_Task_
Taking the listing below, restate word for word each line from the line with "-- The code points of a text." to the line with "unfoldable pub text_lt", ends included, and stop there.

:::

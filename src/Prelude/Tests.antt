-- ===== src/Prelude/Tests.antt =====
-- Boolean tests, the conditional, and equality as an interface (Go's `==` on numbers, strings and
-- byte sequences).
use Prim.Native.Nat.{ℕ, ◌≤◌, ◌<◌, compare, Ordering}
use Prim.Native.Char.{code}
use Prim.Native.String.{String}
use mathlib.Core.Path.{◌≡◌, refl}
use mathlib.Core.Logic.{◌↔◌, ◌⊎◌, inl, inr}
use mathlib.Core.Bool.{Bool, true, false, ◌&&◌}
use mathlib.Core.Option.{Option, none, some}
use mathlib.Core.List.{List, [], ◌∷◌}
use native.Mathlib.Omega.{arith}
use text.Mathlib.Text.{◌==◌ as text_beq}
use text.Mathlib.TextEquality.{eq_iff}

-- These compute to `compare`, which `ground` reads with no lemma listed.
abbrev pub ltb : ℕ → ℕ → Bool
ltb a b = elim (compare a b) [ Ordering.lt ↦ true | _ ↦ false ]

abbrev pub leb : ℕ → ℕ → Bool
leb a b = elim (compare a b) [ Ordering.gt ↦ false | _ ↦ true ]

abbrev pub nat_beq : ℕ → ℕ → Bool
nat_beq a b = elim (compare a b) [ Ordering.eq ↦ true | _ ↦ false ]

infix 1 if◌then◌else◌
abbrev pub if◌then◌else◌ {ℓ} : {A : Type ℓ} → Bool → A → A → A
if true then x else y = x
if false then x else y = y

-- Strings that the program takes apart are lists of byte values.
abbrev pub bytes_beq : List ℕ → List ℕ → Bool
bytes_beq [] [] = true
bytes_beq (a ∷ xs) (b ∷ ys) = nat_beq a b && bytes_beq xs ys
bytes_beq _ _ = false

pub nat_beq_iff : (a b : ℕ) → (nat_beq a b ≡ true) ↔ (a ≡ b)
nat_beq_iff a b = ground arith

pub bytes_beq_sound : (xs ys : List ℕ) → bytes_beq xs ys ≡ true → xs ≡ ys
bytes_beq_sound [] [] h = refl
bytes_beq_sound [] (b ∷ ys) h = cc
bytes_beq_sound (a ∷ xs) [] h = cc
bytes_beq_sound (a ∷ xs) (b ∷ ys) h = ground (arith, bytes_beq_sound xs ys)

pub bytes_beq_refl : (xs : List ℕ) → bytes_beq xs xs ≡ true
bytes_beq_refl [] = refl
bytes_beq_refl (a ∷ xs) = ground (arith, bytes_beq_refl xs)

-- The comparison of a type's values, and that it decides their equality.
pub record Comparable {ℓ} (A : Type ℓ) : Type ℓ where
  pub equals : A → A → Bool
  pub equals_iff : (x y : A) → (equals x y ≡ true) ↔ (x ≡ y)

infix 50 ◌==◌
abbrev pub ◌==◌ {ℓ} : {A : Type ℓ} ⦃cmp : Comparable A⦄ → A → A → Bool
◌==◌ ⦃cmp⦄ = cmp.equals

bytes_beq_complete : (xs ys : List ℕ) → xs ≡ ys → bytes_beq xs ys ≡ true
bytes_beq_complete xs ys e = rw e (bytes_beq_refl ys)

pub bytes_beq_iff : (xs ys : List ℕ) → (bytes_beq xs ys ≡ true) ↔ (xs ≡ ys)
bytes_beq_iff xs ys = (bytes_beq_sound xs ys, bytes_beq_complete xs ys)

instance abbrev pub bytes_eq : Comparable (List ℕ)
bytes_eq = record { equals = bytes_beq; equals_iff = bytes_beq_iff }

instance abbrev pub nat_eq : Comparable ℕ
nat_eq = record { equals = nat_beq; equals_iff = nat_beq_iff }

instance abbrev pub string_eq : Comparable String
string_eq = record { equals = text_beq; equals_iff = eq_iff }

pub text_eq_iff : (s t : String) → ((s == t) ≡ true) ↔ (s ≡ t)
text_eq_iff = eq_iff

pub ltb→lt : (a b : ℕ) → ltb a b ≡ true → a < b
ltb→lt a b h = ground arith

pub leb→le : (a b : ℕ) → leb a b ≡ true → a ≤ b
leb→le a b h = ground arith

-- To split on a computed value and keep the equation.
pub Bool-cases : (b : Bool) → (b ≡ true) ⊎ (b ≡ false)
Bool-cases true = inl refl
Bool-cases false = inr refl

pub Option-cases {ℓ} : {A : Type ℓ} (o : Option A) → (o ≡ none) ⊎ ((a : A) × (o ≡ some a))
Option-cases none = inl refl
Option-cases (some a) = inr (a, refl)

pub some_eq {ℓ} : {A : Type ℓ} {a b : A} → some a ≡ some b → a ≡ b
some_eq h = cc

-- The code points of a text.
abbrev pub codes : String → List ℕ
codes String.[] = []
codes (String.◌∷◌ c s) = code c ∷ codes s

-- `a < b` on texts: Go compares bytes, and UTF-8 keeps the order of the code points.
unfoldable pub text_lt : List ℕ → List ℕ → Bool
text_lt [] [] = false
text_lt [] (b ∷ ys) = true
text_lt (a ∷ xs) [] = false
text_lt (a ∷ xs) (b ∷ ys) =
    let rest = text_lt xs ys in if ltb a b then true else if ltb b a then false else rest
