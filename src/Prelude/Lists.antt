-- ===== src/Prelude/Lists.antt =====
-- Lists measured by native numbers, the loops `any` and `count_if` that Go writes as `for`, and
-- predicates on lists by recursion.
use Prim.Native.Nat.{ℕ, zero, suc}
use mathlib.Core.Path.{◌≡◌, refl}
use mathlib.Core.Logic.{inl, inr}
use mathlib.Core.Bool.{Bool, true, false, ◌||◌}
use mathlib.Core.Option.{Option, none, some}
use mathlib.Core.List.{List, [], ◌∷◌, Memᴰ}
use native.Mathlib.Omega.{arith}
use platform_ipam.Prelude.Tests.{if◌then◌else◌, Bool-cases}

module _ {ℓ} {A : Type ℓ} where
  abbrev pub length : List A → ℕ
  length [] = 0
  length (x ∷ xs) = suc (length xs)

  abbrev pub drop : ℕ → List A → List A
  drop zero xs = xs
  drop (suc n) [] = []
  drop (suc n) (x ∷ xs) = drop n xs

  abbrev pub last? : List A → Option A
  last? [] = none
  last? (x ∷ []) = some x
  last? (x ∷ y ∷ xs) = last? (y ∷ xs)

  -- `for … { if test { found = true; break } }`
  abbrev pub any : (A → Bool) → List A → Bool
  any f [] = false
  any f (x ∷ xs) = f x || any f xs

  abbrev pub count_if : (A → Bool) → List A → ℕ
  count_if f [] = 0
  count_if f (x ∷ xs) = let n = count_if f xs in if f x then suc n else n

  -- `for … { if test { out = append(out, x) } }`
  abbrev pub keep_if : (A → Bool) → List A → List A
  keep_if f [] = []
  keep_if f (x ∷ xs) = let r = keep_if f xs in if f x then x ∷ r else r

  abbrev pub find_first : (A → Bool) → List A → Option A
  find_first f [] = none
  find_first f (x ∷ xs) = let r = find_first f xs in if f x then some x else r

  -- A predicate of every element, and of every pair of different places.
  abbrev pub All {κ} : (A → Type κ) → List A → Type κ
  All P [] = Unit
  All P (x ∷ xs) = P x × All P xs

  abbrev pub AllPairs {κ} : (A → A → Type κ) → List A → Type κ
  AllPairs R [] = Unit
  AllPairs R (x ∷ xs) = All (R x) xs × AllPairs R xs

module _ {ℓ} {A : Type ℓ} where
  pub any-mem : (f : A → Bool) (xs : List A) (x : A) → any f xs ≡ false → Memᴰ x xs → f x ≡ false
  any-mem f [] x h m = elim m [ ]
  any-mem f (y ∷ ys) x h (Memᴰ.head e) = ground (arith, e)
  any-mem f (y ∷ ys) x h (Memᴰ.tail m) = any-mem f ys x (ground arith) m

  pub any-found :
      (f : A → Bool) (xs : List A) → any f xs ≡ true → (x : A) × Memᴰ x xs × (f x ≡ true)
  any-found f [] h = absurd cc
  any-found f (x ∷ xs) h = elim (Bool-cases (f x)) [
    | inl e ↦ (x, Memᴰ.head refl, e)
    | inr e ↦ let (y, m, t) = any-found f xs (ground (arith, e)) in (y, Memᴰ.tail m, t)
  ]

  pub mem-any : (f : A → Bool) (xs : List A) (x : A) → Memᴰ x xs → f x ≡ true → any f xs ≡ true
  mem-any f [] x m h = elim m [ ]
  mem-any f (y ∷ ys) x (Memᴰ.head e) h = let t : f y ≡ true = rw (← e) h in rw t refl
  mem-any f (y ∷ ys) x (Memᴰ.tail m) h = ground (arith, mem-any f ys x m h)
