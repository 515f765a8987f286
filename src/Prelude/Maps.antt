-- ===== src/Prelude/Maps.antt =====
-- Go maps from strings: association lists in the order that an iteration visits. Every theorem
-- about an iteration holds for every such order.
use Prim.Native.String.{String}
use mathlib.Core.Path.{◌≡◌, refl, ap}
use mathlib.Core.Logic.{◌≢◌, inl, inr}
use mathlib.Core.Option.{Option, none, some}
use mathlib.Core.List.{List, [], ◌∷◌}
use native.Mathlib.Omega.{arith}
use platform_ipam.Prelude.Tests.{◌==◌, string_eq, text_eq_iff, Bool-cases, if◌then◌else◌}

module _ {ℓ} {V : Type ℓ} where
  -- `for _, v := range m`
  abbrev pub values : List (String × V) → List V
  values [] = []
  values ((k, v) ∷ m) = v ∷ values m

  -- The row under a key.
  unfoldable pub lookup : String → List (String × V) → Option V
  lookup key [] = none
  lookup key ((name, row) ∷ rest) =
      let later = lookup key rest in if name == key then some row else later

  -- `m[key] = row`
  unfoldable pub insert : String → V → List (String × V) → List (String × V)
  insert key row [] = (key, row) ∷ []
  insert key row ((name, old) ∷ rest) =
      let later = insert key row rest in
      if name == key then (key, row) ∷ rest else (name, old) ∷ later

  -- `delete(m, key)`
  unfoldable pub remove : String → List (String × V) → List (String × V)
  remove key [] = []
  remove key ((name, row) ∷ rest) =
      let later = remove key rest in if name == key then later else (name, row) ∷ later

  pub lookup-remove : (key : String) (m : List (String × V)) → lookup key (remove key m) ≡ none
  unfolding lookup remove
  lookup-remove key [] = refl
  lookup-remove key ((k, v) ∷ m) = ground (arith, lookup-remove key m)

  pub lookup-remove_other :
      (key other : String) (m : List (String × V))
      → key ≢ other
      → lookup other (remove key m) ≡ lookup other m
  unfolding lookup remove
  lookup-remove_other key other [] n = refl
  lookup-remove_other key other ((k, v) ∷ m) n =
      ground (arith, lookup-remove_other key other m n, n, text_eq_iff k key, text_eq_iff k other)

  pub lookup-insert :
      (key other : String) (row : V) (rows : List (String × V))
      → lookup other (insert key row rows) ≡ (if key == other then some row else lookup other rows)
  unfolding lookup insert
  lookup-insert key other row [] = refl
  lookup-insert key other row ((name, old) ∷ rest) = ground (
    arith,
    lookup-insert key other row rest,
    text_eq_iff name key,
    text_eq_iff name other,
    text_eq_iff key other,
  )

  -- A row that is put in again where it is changes nothing.
  pub insert-same :
      (key : String) (row : V) (m : List (String × V))
      → lookup key m ≡ some row
      → insert key row m ≡ m
  unfolding lookup insert
  insert-same key row [] e = absurd cc
  insert-same key row ((name, old) ∷ rest) e = elim (Bool-cases (name == key)) [
    | inl t ↦
        let name_is : name ≡ key = (text_eq_iff name key).0 t in
        let old_is : old ≡ row = ground (arith, t, e) in rw t (cc)
    | inr t ↦ rw t (ap (λ m. (name, old) ∷ m) (insert-same key row rest (rw t at e)))
  ]

  pub lookup-insert_self :
      (key : String) (row : V) (m : List (String × V)) → lookup key (insert key row m) ≡ some row
  lookup-insert_self key row m = ground (arith, lookup-insert key key row m, text_eq_iff key key)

:::

_Task response_
-- The code points of a text.
abbrev pub codes : String → List ℕ
codes String.[] = []
codes (String.◌∷◌ c s) = code c ∷ codes s

-- `a < b` on texts: Go compares bytes, and UTF-8 keeps the order of the code points.
unfoldable pub text_lt : List ℕ → List ℕ → Bool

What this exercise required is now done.